DATA: Begin
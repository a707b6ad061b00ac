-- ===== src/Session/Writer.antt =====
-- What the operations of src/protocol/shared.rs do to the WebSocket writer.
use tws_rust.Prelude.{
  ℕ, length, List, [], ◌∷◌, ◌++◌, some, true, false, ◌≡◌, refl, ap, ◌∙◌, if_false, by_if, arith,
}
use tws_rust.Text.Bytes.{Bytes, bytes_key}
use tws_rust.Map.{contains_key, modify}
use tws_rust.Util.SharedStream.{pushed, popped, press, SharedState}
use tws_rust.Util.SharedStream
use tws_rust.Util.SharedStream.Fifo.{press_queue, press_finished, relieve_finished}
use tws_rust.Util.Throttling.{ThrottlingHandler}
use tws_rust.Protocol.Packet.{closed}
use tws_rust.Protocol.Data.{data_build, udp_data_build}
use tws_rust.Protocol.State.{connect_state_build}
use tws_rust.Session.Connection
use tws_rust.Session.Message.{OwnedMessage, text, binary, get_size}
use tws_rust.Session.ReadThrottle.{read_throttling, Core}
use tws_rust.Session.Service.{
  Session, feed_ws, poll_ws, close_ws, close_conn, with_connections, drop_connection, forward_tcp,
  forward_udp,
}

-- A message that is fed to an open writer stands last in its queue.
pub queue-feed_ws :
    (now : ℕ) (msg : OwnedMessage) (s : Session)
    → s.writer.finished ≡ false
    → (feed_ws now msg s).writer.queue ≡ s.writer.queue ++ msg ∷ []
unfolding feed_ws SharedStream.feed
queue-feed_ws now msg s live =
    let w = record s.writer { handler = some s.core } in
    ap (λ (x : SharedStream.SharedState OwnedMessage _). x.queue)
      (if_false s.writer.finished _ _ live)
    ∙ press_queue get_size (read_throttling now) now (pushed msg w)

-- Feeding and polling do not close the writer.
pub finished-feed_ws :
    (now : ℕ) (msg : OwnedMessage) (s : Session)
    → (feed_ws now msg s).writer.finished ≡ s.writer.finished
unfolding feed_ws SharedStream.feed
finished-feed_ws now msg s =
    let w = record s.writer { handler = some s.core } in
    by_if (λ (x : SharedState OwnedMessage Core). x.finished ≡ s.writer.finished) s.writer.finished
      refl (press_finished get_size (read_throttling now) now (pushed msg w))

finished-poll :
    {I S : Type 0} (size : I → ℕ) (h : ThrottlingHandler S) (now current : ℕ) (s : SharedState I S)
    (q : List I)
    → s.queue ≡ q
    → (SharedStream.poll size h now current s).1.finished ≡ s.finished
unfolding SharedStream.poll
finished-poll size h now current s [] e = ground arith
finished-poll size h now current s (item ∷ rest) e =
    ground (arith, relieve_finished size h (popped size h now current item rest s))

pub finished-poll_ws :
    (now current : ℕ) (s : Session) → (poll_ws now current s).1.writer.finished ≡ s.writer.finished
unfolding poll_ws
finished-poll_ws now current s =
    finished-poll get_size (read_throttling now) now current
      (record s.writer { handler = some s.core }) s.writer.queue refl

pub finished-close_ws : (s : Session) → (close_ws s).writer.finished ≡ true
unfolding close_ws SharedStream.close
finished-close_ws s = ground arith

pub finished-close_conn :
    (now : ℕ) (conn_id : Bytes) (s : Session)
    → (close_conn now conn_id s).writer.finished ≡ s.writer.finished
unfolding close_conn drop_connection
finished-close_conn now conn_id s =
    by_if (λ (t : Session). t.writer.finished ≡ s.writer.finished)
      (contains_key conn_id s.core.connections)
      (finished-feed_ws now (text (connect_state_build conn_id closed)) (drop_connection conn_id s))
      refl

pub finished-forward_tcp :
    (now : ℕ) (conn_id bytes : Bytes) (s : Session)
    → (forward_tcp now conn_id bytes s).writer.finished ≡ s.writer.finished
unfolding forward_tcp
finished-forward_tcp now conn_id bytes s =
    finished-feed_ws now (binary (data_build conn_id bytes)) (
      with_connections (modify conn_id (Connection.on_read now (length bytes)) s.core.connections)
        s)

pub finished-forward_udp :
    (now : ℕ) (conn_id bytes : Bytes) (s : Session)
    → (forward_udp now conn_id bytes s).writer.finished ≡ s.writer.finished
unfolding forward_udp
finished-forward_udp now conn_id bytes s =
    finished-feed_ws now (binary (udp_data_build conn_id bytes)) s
DATA: End
DATA: Begin
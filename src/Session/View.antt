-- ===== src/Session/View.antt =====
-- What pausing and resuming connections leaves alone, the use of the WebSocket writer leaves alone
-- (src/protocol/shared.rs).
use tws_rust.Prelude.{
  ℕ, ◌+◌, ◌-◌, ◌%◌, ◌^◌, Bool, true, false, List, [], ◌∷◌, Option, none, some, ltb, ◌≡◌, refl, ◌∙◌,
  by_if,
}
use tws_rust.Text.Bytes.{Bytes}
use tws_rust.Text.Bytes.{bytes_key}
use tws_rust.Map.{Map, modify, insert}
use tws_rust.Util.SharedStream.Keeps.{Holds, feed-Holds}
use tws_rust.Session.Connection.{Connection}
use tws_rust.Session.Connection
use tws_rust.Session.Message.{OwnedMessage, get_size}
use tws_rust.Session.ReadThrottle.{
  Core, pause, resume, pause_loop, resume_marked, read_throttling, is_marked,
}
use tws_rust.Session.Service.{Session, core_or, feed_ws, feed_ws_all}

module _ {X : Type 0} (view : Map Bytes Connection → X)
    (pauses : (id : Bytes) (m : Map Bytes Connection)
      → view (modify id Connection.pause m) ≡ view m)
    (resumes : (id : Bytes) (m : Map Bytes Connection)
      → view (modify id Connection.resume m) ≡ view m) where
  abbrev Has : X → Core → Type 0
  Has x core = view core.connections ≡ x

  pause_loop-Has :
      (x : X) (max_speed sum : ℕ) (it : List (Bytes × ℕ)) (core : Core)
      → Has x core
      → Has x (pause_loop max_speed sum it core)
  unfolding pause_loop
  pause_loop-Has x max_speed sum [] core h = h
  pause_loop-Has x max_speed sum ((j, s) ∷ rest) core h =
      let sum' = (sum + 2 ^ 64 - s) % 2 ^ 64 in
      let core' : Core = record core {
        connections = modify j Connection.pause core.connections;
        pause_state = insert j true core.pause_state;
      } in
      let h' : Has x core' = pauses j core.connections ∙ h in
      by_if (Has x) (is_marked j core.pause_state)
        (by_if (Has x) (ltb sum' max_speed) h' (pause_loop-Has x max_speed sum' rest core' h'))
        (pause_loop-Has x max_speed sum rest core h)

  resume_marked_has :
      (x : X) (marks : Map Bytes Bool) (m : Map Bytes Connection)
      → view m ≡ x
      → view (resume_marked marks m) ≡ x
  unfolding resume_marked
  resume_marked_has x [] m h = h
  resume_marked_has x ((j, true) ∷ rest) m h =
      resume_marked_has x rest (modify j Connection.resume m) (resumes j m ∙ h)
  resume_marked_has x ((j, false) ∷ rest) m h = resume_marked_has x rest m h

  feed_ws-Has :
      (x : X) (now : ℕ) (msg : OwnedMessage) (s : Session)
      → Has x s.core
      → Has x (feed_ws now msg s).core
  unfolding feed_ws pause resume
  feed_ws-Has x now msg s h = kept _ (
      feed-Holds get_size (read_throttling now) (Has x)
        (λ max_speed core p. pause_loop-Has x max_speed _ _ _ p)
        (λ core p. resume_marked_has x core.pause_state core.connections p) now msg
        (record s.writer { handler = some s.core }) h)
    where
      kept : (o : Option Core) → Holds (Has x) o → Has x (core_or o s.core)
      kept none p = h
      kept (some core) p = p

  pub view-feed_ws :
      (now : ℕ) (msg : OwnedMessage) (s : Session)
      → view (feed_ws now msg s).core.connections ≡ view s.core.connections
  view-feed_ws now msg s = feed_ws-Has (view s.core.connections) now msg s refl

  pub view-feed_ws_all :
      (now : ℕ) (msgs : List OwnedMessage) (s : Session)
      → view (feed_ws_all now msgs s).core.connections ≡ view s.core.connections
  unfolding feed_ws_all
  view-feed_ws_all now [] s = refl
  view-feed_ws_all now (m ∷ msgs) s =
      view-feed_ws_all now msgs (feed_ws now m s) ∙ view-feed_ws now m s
DATA: End
TASK TO COMPLETE
Go through the listing above and list every line that has the word "Bool".

YOUR SOLUTION
  ℕ, ◌+◌, ◌-◌, ◌%◌, ◌^◌, Bool, true, false, List, [], ◌∷◌, Option, none, some, ltb, ◌≡◌, refl, ◌∙◌,
      (x : X) (marks : Map Bytes Bool) (m : Map Bytes Connection)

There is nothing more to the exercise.